Stored data:
_ _ _

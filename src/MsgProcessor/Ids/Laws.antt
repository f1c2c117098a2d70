-- ===== src/MsgProcessor/Ids/Laws.antt =====
-- How the conversation ids of a message agree with one another.
use Prim.Native.Nat.{Ordering, compare as compare_nat}
use Prim.Native.Char.{Char, code}
use Prim.Native.String.{compare, then as cmp_then, ◌++◌}
use Prim.Native.String.compare as string_compare
use text.Mathlib.Text.{starts_with}
use text.Mathlib.TextEquality.{starts_with_iff, path_by_compare}
use text.Mathlib.TextLemmas.{head-eq_of_cons-eq, cons-append}
use root_open_im_server.Base.{
  ℕ, String, true, false, if◌then◌else◌, ◌≡◌, ◌≢◌, ◌⊎◌, refl, sym, ap, ◌∙◌, arith, Bool-cases, inl,
  inr,
}
use root_open_im_server.Common.Constants.{
  single_chat_type, group_chat_type, super_group_chat_type, notification_chat_type,
}
use root_open_im_server.MsgStore.Doc.{MsgData}
use root_open_im_server.MsgProcessor.Ids.{
  sorted_pair, get_notification_conversation_id_by_msg, get_chat_conversation_id_by_msg,
  get_conversation_id_by_msg, is_notification, is_notification_by_msg, parse_conversation_id,
}

flip : Ordering → Ordering
flip Ordering.lt = Ordering.gt
flip Ordering.eq = Ordering.eq
flip Ordering.gt = Ordering.lt

flip-cmp_then : (o p : Ordering) → flip (cmp_then o p) ≡ cmp_then (flip o) (flip p)
unfolding flip
flip-cmp_then o p = ground arith

compare_nat_swap : (a b : ℕ) → compare_nat b a ≡ flip (compare_nat a b)
unfolding flip
compare_nat_swap a b = ground arith

compare_swap : (s t : String) → compare t s ≡ flip (compare s t)
unfolding flip
compare_swap String.[] String.[] = refl
compare_swap String.[] (String.◌∷◌ d t) =
    rw (string_compare.cons-nil d t, string_compare.nil-cons d t)
compare_swap (String.◌∷◌ c s) String.[] =
    rw (string_compare.cons-nil c s, string_compare.nil-cons c s)
compare_swap (String.◌∷◌ c s) (String.◌∷◌ d t) =
    rw
      (
        string_compare.cons-cons c d s t,
        string_compare.cons-cons d c t s,
        compare_swap s t,
        compare_nat_swap (code c) (code d),
      )
      (sym (flip-cmp_then _ _))

-- The same session, the other way.
abbrev pub reply : MsgData → MsgData
reply m = record m { send_id = m.recv_id; recv_id = m.send_id }

sorted_pair-reply : (m : MsgData) → sorted_pair (reply m) ≡ sorted_pair m
unfolding flip
sorted_pair-reply m =
    ground (arith, compare_swap m.send_id m.recv_id, path_by_compare m.send_id m.recv_id)

not_n : (c : Char) (s : String) → code c ≢ b'n' → starts_with (String.◌∷◌ c s) "n_" ≡ false
not_n c s h = elim (Bool-cases (starts_with (String.◌∷◌ c s) "n_")) [
  | inr no_prefix ↦ no_prefix
  | inl prefix ↦
      let (u, e) = (starts_with_iff (String.◌∷◌ c s) "n_").0 prefix in
      absurd (h (sym (ap code (head-eq_of_cons-eq (sym (cons-append "n" "_" u) ∙ e)))))
]

starts_with-append : (t s : String) → starts_with (t ++ s) t ≡ true
starts_with-append t s = (starts_with_iff (t ++ s) t).1 (s, refl)

-- An id with another prefix is no notification's.
prefix_not_n :
    (c : Char) (t s : String) → code c ≢ b'n' → starts_with (String.◌∷◌ c t ++ s) "n_" ≡ false
prefix_not_n c t s h = rw (cons-append c t s) (not_n c (t ++ s) h)

-- Between two users the conversation is the same in both directions, for chats and notifications.
pub get_conversation_id_by_msg-reply :
    (m : MsgData)
    → m.session_type ≡ single_chat_type
    → get_conversation_id_by_msg (reply m) ≡ get_conversation_id_by_msg m
unfolding get_conversation_id_by_msg
get_conversation_id_by_msg-reply m h = rw (sorted_pair-reply m) (ground arith)

-- The conversation id of a message is the id of its chat or of its notifications, as its option
-- says, for every session type.
pub get_conversation_id_by_msg_cases :
    (m : MsgData)
    → get_conversation_id_by_msg m ≡ (
        if is_notification_by_msg m
        then get_notification_conversation_id_by_msg m
        else get_chat_conversation_id_by_msg m)
unfolding get_conversation_id_by_msg get_notification_conversation_id_by_msg
    get_chat_conversation_id_by_msg is_notification_by_msg
get_conversation_id_by_msg_cases m = ground arith

abbrev pub IsSession : ℕ → Type 0
IsSession t =
    (t ≡ single_chat_type)
    ⊎ (t ≡ group_chat_type)
    ⊎ (t ≡ super_group_chat_type)
    ⊎ (t ≡ notification_chat_type)

-- The id alone tells a notification from a chat: it starts with "n_" exactly if the message's
-- option says that it is a notification.
pub is_notification-get_conversation_id_by_msg :
    (m : MsgData)
    → IsSession m.session_type
    → is_notification (get_conversation_id_by_msg m) ≡ is_notification_by_msg m
unfolding get_conversation_id_by_msg is_notification is_notification_by_msg
is_notification-get_conversation_id_by_msg m h =
    let pair = sorted_pair m in
    let direction = m.send_id ++ ("_" ++ m.recv_id) in
    ground (
      arith,
      starts_with-append "n_" pair,
      starts_with-append "n_" m.group_id,
      starts_with-append "n_" direction,
      prefix_not_n "s" "i_" pair (λ e. omega arith),
      prefix_not_n "g" "_" m.group_id (λ e. omega arith),
      prefix_not_n "s" "g_" m.group_id (λ e. omega arith),
      prefix_not_n "s" "n_" direction (λ e. omega arith),
    )

-- `ParseConversationID` gives the flag and the id of the two other functions, for every session
-- type but the old group chat, which it does not know.
pub parse_conversation_id_lem :
    (m : MsgData)
    → (m.session_type ≡ single_chat_type)
      ⊎ (m.session_type ≡ super_group_chat_type)
      ⊎ (m.session_type ≡ notification_chat_type)
    → parse_conversation_id m ≡ (is_notification_by_msg m, get_conversation_id_by_msg m)
unfolding parse_conversation_id get_conversation_id_by_msg is_notification_by_msg
parse_conversation_id_lem m h = ground arith
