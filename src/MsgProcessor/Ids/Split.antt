-- ===== src/MsgProcessor/Ids/Split.antt =====
-- From a chat's conversation id to its notifications', by the text of the id.
use Prim.Native.Char.{Char, code}
use Prim.Native.String.{◌++◌}
use text.Mathlib.TextEquality.{Char-path}
use text.Mathlib.TextLemmas.{nil-append, cons-append, append_assoc}
use root_open_im_server.Base.{
  String, Bool, true, false, not, List, [], ◌∷◌, ◌==◌, ==_iff, ◌&&◌, ◌≡◌, ◌≢◌, refl, sym, ap, ◌∙◌,
  arith, Bool-cases, inl, inr,
}
use root_open_im_server.MsgStore.Doc.{MsgData}
use root_open_im_server.MsgProcessor.Ids.{
  join, split, onto_first, with_notification_prefix, sorted_pair,
  get_notification_conversation_id_by_msg, get_chat_conversation_id_by_msg,
  get_notification_conversation_id_by_conversation_id,
}
use root_open_im_server.MsgProcessor.Ids.Laws.{IsSession}

join-onto_first :
    (c : Char) (ss : List String) → ss ≢ [] → join (onto_first c ss) ≡ String.◌∷◌ c (join ss)
join-onto_first c [] h = absurd (h refl)
join-onto_first c (s ∷ []) h = refl
join-onto_first c (s ∷ t ∷ ts) h = cons-append c s ("_" ++ join (t ∷ ts))

join-cons : (s : String) (ss : List String) → ss ≢ [] → join (s ∷ ss) ≡ s ++ ("_" ++ join ss)
join-cons s [] h = absurd (h refl)
join-cons s (t ∷ ts) h = refl

onto_first-ne-nil : (c : Char) (ss : List String) → ss ≢ [] → onto_first c ss ≢ []
onto_first-ne-nil c [] h = absurd (h refl)
onto_first-ne-nil c (s ∷ ss) h = λ e. cc

split-ne-nil : (s : String) → split s ≢ []
split-ne-nil String.[] = λ e. cc
split-ne-nil (String.◌∷◌ c s) = elim (Bool-cases (code c == b'_')) [
  | inl here ↦ rw here (λ e. cc)
  | inr other ↦ rw other (onto_first-ne-nil c (split s) (split-ne-nil s))
]

-- Joining what a split gives is the text itself.
join-split : (s : String) → join (split s) ≡ s
join-split String.[] = refl
join-split (String.◌∷◌ c s) = elim (Bool-cases (code c == b'_')) [
  | inl here ↦
      let e : c ≡ "_" = Char-path c "_" ((==_iff (code c) b'_').0 here) in
      rw here (
        join-cons "" (split s) (split-ne-nil s)
        ∙ nil-append ("_" ++ join (split s))
        ∙ ap (λ t. "_" ++ t) (join-split s)
        ∙ cons-append "_" "" s
        ∙ ap (String.◌∷◌ "_") (nil-append s)
        ∙ ap (λ d. String.◌∷◌ d s) (sym e))
  | inr other ↦
      rw other (join-onto_first c (split s) (split-ne-nil s) ∙ ap (String.◌∷◌ c) (join-split s))
]

abbrev no_underscore : String → Bool
no_underscore String.[] = true
no_underscore (String.◌∷◌ c s) = not (code c == b'_') && no_underscore s

split-prefix : (t x : String) → no_underscore t ≡ true → split (t ++ ("_" ++ x)) ≡ t ∷ split x
split-prefix String.[] x h = rw (nil-append ("_" ++ x), cons-append "_" "" x, nil-append x)
split-prefix (String.◌∷◌ c t) x h =
    let other : (code c == b'_') ≡ false = ground arith in
    rw (cons-append c t ("_" ++ x), other, split-prefix t x (ground arith))

with_notification_prefix-cons :
    (s : String) (ss : List String) → ss ≢ [] → with_notification_prefix (s ∷ ss) ≡ join ("n" ∷ ss)
with_notification_prefix-cons s [] h = absurd (h refl)
with_notification_prefix-cons s (t ∷ ts) h = refl

-- The rest of an id moves over to the notifications' prefix.
notification_id-prefix :
    (t x : String)
    → no_underscore t ≡ true
    → get_notification_conversation_id_by_conversation_id (t ++ ("_" ++ x)) ≡ "n_" ++ x
unfolding get_notification_conversation_id_by_conversation_id
notification_id-prefix t x h =
    ap with_notification_prefix (split-prefix t x h)
    ∙ with_notification_prefix-cons t (split x) (split-ne-nil x)
    ∙ join-cons "n" (split x) (split-ne-nil x)
    ∙ ap (λ s. "n" ++ ("_" ++ s)) (join-split x)
    ∙ sym (append_assoc "n" "_" x)

-- From the conversation id of a chat, its text alone leads to the id of the chat's notifications.
pub notification_id-chat_id :
    (m : MsgData)
    → IsSession m.session_type
    → get_notification_conversation_id_by_conversation_id (get_chat_conversation_id_by_msg m)
      ≡ get_notification_conversation_id_by_msg m
unfolding get_chat_conversation_id_by_msg get_notification_conversation_id_by_msg
notification_id-chat_id m h =
    let direction = m.send_id ++ ("_" ++ m.recv_id) in
    ground (
      arith,
      notification_id-prefix "si" (sorted_pair m) refl,
      notification_id-prefix "g" m.group_id refl,
      notification_id-prefix "sg" m.group_id refl,
      notification_id-prefix "sn" direction refl,
      append_assoc "si" "_" (sorted_pair m),
      append_assoc "g" "_" m.group_id,
      append_assoc "sg" "_" m.group_id,
      append_assoc "sn" "_" direction,
    )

_ _ _

WHAT YOU NEED TO DO:
Copy out the lines of the data where the word "Prim" can be found.

WRITTEN ANSWER:
use Prim.Native.Nat.{Ordering, compare as compare_nat}
use Prim.Native.Char.{Char, code}
use Prim.Native.String.{compare, then as cmp_then, ◌++◌}
use Prim.Native.String.compare as string_compare
use Prim.Native.Char.{Char, code}
use Prim.Native.String.{◌++◌}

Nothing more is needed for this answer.